TASK DIRECTIONS:
Which lines of the records below contain the word "elim"? Copy each of them out.

[Start of section]

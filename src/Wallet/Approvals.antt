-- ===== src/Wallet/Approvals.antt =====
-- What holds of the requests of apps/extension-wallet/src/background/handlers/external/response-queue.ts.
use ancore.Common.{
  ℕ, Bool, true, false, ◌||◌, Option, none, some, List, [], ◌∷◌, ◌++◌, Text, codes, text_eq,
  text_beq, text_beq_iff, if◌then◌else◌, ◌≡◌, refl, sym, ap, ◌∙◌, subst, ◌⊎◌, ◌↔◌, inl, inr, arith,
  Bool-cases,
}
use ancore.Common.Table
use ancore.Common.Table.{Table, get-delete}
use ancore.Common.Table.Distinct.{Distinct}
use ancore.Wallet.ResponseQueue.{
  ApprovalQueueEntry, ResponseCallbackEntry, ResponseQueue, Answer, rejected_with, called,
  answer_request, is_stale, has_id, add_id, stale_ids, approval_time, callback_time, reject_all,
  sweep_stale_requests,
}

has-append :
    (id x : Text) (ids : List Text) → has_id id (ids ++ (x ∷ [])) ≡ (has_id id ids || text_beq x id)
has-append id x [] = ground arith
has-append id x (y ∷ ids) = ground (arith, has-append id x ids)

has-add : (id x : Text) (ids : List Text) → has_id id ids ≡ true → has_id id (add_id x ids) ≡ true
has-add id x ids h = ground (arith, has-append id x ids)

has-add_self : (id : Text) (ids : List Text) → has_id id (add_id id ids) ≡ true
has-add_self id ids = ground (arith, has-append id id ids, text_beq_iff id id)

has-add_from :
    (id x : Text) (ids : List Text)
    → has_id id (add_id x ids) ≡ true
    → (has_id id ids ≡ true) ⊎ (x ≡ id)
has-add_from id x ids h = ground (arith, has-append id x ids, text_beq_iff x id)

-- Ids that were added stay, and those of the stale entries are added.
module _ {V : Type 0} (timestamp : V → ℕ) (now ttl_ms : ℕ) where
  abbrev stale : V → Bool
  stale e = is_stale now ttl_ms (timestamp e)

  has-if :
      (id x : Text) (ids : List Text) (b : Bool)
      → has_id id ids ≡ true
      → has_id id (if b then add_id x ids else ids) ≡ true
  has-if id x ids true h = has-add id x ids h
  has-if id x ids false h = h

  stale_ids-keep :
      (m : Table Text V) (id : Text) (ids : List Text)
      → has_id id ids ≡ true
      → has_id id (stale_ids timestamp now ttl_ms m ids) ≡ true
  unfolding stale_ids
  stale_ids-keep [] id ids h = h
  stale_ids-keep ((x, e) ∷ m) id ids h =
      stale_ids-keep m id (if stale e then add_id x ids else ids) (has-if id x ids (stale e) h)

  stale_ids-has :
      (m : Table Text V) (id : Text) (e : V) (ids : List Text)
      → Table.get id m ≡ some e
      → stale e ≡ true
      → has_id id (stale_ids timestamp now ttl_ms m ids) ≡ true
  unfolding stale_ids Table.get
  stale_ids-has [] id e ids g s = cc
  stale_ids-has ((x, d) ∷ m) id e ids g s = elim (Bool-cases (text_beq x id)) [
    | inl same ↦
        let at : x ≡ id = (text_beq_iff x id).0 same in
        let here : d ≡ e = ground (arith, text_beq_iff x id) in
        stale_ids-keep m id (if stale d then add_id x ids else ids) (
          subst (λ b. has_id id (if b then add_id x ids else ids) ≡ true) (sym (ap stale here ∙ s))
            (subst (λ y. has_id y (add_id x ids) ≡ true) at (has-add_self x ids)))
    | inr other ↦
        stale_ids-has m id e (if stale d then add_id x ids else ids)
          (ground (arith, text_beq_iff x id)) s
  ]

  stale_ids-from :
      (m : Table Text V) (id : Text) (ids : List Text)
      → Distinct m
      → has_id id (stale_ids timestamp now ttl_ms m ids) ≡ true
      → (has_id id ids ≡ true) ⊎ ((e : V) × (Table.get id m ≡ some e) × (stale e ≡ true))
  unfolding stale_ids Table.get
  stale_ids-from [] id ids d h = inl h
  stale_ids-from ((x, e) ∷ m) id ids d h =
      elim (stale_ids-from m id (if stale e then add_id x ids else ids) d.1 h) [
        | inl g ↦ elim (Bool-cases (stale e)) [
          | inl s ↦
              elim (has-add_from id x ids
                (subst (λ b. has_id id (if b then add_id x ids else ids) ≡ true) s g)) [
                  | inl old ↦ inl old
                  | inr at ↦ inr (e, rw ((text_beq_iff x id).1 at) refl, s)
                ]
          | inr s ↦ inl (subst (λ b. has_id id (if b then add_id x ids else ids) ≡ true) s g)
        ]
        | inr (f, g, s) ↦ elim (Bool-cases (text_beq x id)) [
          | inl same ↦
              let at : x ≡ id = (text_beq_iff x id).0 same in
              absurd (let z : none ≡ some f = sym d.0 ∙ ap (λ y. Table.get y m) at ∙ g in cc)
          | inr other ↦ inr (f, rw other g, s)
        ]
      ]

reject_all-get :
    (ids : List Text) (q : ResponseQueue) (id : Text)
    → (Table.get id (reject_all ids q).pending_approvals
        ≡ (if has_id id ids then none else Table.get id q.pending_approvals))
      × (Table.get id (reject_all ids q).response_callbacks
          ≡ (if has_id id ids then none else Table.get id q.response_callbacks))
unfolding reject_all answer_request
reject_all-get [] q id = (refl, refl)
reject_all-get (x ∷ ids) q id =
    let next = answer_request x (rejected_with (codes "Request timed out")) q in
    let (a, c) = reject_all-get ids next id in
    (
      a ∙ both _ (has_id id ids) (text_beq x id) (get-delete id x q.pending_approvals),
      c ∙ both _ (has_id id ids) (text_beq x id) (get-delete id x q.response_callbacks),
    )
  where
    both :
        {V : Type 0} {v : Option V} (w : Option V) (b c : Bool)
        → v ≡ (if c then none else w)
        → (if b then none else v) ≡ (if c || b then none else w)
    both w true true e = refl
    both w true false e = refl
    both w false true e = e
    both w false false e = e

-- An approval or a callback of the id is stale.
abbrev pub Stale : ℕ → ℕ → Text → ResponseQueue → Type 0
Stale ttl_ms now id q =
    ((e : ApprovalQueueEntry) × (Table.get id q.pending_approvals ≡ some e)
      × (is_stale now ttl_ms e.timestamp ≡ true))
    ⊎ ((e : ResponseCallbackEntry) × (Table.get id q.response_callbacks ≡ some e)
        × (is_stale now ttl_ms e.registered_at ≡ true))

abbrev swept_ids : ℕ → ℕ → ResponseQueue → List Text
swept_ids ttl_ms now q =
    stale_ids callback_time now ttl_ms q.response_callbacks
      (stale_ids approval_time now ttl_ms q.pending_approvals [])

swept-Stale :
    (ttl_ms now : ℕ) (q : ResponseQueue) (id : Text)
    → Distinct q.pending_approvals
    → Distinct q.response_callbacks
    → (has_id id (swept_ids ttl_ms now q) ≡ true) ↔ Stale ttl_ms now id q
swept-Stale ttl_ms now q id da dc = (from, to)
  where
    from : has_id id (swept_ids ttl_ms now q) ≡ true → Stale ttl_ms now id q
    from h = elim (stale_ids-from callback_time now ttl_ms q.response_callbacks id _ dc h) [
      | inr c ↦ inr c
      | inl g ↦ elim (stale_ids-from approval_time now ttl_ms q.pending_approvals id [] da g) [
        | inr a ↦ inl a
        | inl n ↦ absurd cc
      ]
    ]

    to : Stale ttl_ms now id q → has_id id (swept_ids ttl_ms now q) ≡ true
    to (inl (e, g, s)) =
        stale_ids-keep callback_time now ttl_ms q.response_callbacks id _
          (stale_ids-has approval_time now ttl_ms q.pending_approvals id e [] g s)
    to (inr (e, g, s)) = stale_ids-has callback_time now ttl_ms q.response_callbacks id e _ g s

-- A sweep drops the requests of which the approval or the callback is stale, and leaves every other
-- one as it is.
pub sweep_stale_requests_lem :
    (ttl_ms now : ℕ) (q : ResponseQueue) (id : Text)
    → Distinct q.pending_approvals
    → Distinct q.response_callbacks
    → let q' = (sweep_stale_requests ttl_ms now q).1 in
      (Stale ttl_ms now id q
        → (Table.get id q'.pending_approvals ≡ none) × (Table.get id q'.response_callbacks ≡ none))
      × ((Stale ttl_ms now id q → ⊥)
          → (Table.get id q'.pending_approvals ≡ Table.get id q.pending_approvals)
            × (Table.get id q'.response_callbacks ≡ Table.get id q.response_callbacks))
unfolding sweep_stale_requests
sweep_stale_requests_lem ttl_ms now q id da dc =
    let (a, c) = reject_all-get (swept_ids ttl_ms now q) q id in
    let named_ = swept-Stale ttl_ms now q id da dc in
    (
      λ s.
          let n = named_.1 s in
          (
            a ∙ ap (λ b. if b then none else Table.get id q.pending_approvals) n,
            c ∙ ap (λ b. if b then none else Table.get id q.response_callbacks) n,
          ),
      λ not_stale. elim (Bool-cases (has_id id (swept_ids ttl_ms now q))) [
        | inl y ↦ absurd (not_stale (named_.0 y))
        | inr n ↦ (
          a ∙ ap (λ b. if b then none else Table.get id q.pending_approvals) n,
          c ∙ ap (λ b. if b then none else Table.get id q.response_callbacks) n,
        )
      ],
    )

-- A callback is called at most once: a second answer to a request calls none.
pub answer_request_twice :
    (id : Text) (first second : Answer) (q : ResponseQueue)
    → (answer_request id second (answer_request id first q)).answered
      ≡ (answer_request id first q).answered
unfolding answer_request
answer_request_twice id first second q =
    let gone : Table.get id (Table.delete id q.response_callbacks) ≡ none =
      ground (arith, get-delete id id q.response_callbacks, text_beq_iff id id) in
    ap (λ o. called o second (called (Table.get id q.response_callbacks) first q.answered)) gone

[End of section]

EXERCISE RESULT:
  stale_ids-has ((x, d) ∷ m) id e ids g s = elim (Bool-cases (text_beq x id)) [
      elim (stale_ids-from m id (if stale e then add_id x ids else ids) d.1 h) [
        | inl g ↦ elim (Bool-cases (stale e)) [
              elim (has-add_from id x ids
        | inr (f, g, s) ↦ elim (Bool-cases (text_beq x id)) [
    from h = elim (stale_ids-from callback_time now ttl_ms q.response_callbacks id _ dc h) [
      | inl g ↦ elim (stale_ids-from approval_time now ttl_ms q.pending_approvals id [] da g) [
      λ not_stale. elim (Bool-cases (has_id id (swept_ids ttl_ms now q))) [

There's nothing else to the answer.